Abstract
Background: Viral infections are the leading cause of non-relapse mortality after unrelated umbilical cord blood transplants (UCBT). Post-transplant lymphopenia, lack of established antiviral memory, and lack of cytotoxic function among infused UCB lymphocytes are jointly responsible for ineffective immunity. We have previously demonstrated ex vivo T cell expansion and maturation starting from a very small fraction (<5%) of the graft that could be employed post transplant as donor leukocyte infusion (DLI). Naïve UCB T cells proliferate when stimulated with IL-2 + CD3/CD28 co-stimulatory beads that function as artificial antigen presenting cells (APCs). However, high rate of apoptosis (>10%) has hindered T cell expansion. We hypothesized
that the presence of cytokines essential for T cell homeostasis, in particular IL-7 may aid expansion and survival,
beads with different densities of CD3/CD28 antibodies may impact UCB T cell expansion.

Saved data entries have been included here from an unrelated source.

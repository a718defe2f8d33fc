-- ===== src/Builder/Floats.antt =====
-- What the code does with a `float` and a `double`, by their bits in the format of IEEE 754: the
-- comparisons, and the conversions that are exact. A number that is not a number compares with nothing.
use afi920_ros2_driver.Base.{
  ltb, leb, ◌==◌, if◌then◌else◌, ℕ, zero, suc, ◌+◌, ◌-◌, ◌*◌, ◌/◌, ◌%◌, ◌^◌, Bool, not, ◌&&◌,
}

-- The exponent of the leading bit, for numbers below 2^64.
unfoldable pub leading : ℕ → ℕ → ℕ
leading zero n = 0
leading (suc fuel) n = let rest = leading fuel (n / 2) in if ltb n 2 then 0 else suc rest

unfoldable pub leading_bit : ℕ → ℕ
unfolding leading
leading_bit n = leading 64 n

-- `static_cast<float>(n)` and `static_cast<double>(n)` of an integer below 2^24.
unfoldable pub float_of : ℕ → ℕ
unfolding leading_bit
float_of n =
    let e = leading_bit n in if n == 0 then 0 else (127 + e) * 2 ^ 23 + (n - 2 ^ e) * 2 ^ (23 - e)

unfoldable pub double_of : ℕ → ℕ
unfolding leading_bit
double_of n =
    let e = leading_bit n in if n == 0 then 0 else (1023 + e) * 2 ^ 52 + (n - 2 ^ e) * 2 ^ (52 - e)

-- A `float` as a `double`: its sign, its exponent and its fraction.
unfoldable pub double_of_float : ℕ → ℕ
unfolding leading_bit
double_of_float w =
    let sign = w / 2 ^ 31 * 2 ^ 63 in
    let exponent = w / 2 ^ 23 % 2 ^ 8 in
    let fraction = w % 2 ^ 23 in
    let e = leading_bit fraction in
    sign
    + (if exponent == 0
        then (if fraction == 0 then 0 else (e + 874) * 2 ^ 52 + (fraction - 2 ^ e) * 2 ^ (52 - e))
        else (if exponent == 255
            then 2047 * 2 ^ 52 + fraction * 2 ^ 29
            else (exponent + 896) * 2 ^ 52 + fraction * 2 ^ 29))

abbrev pub magnitude : ℕ → ℕ
magnitude d = d % 2 ^ 63

abbrev pub is_minus : ℕ → Bool
is_minus d = leb (2 ^ 63) d

unfoldable pub is_nan : ℕ → Bool
is_nan d = ltb (2047 * 2 ^ 52) (magnitude d)

-- `a < b` on doubles; the two zeros are equal.
unfoldable pub less : ℕ → ℕ → Bool
unfolding is_nan
less a b =
    not (is_nan a)
    && not (is_nan b)
    && (if is_minus a
        then (if is_minus b
            then ltb (magnitude b) (magnitude a)
            else ltb 0 (magnitude a + magnitude b))
        else not (is_minus b) && ltb (magnitude a) (magnitude b))

-- What is left to the processor and to the library of C: the product of two floats, and the two
-- functions of `<cmath>`, on bits.
pub record Maths : Type 0 where
  pub times : ℕ → ℕ → ℕ
  pub cos : ℕ → ℕ
  pub sin : ℕ → ℕ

Research Design: From frozen/thawed specimens we tested 2 different sources of CD3/CD28 artificial beads (historical control beads vs ClinExVivo®, (Invitrogen Corporation), ± IL-7.
Methods: Thawed UCB samples were centrifuged over Ficoll gradient. T cells were positively selected with EasySep®, (StemCell Technologies) and were incubated in gas permeable bags with CD3/CD28 beads in 5% serum replete media + 100u/ml IL-2 ± 10ng/ml of IL7. Media & cytokines were replenished to maintain a concentration of ∼0.75 ×106 cells/ ml. Automated cell count, trypan blue viability assessed overall cell growth and viability at each feeding . ‘Lyse no wash’ FACS staining with Trucount® beads quantified viable CD3+ T cells. 4-color FACS was employed to characterize the evolution of surface and intracellular immunophenotype. Cytotoxicity profile of the day 0 and D12-14 progeny was tested by Europium release assay (Delfia® assay) against a Burkitt’s lymphoma cell line (IM9). Two-tailed paired Student t-tests analyzed the impact of the experimental variables.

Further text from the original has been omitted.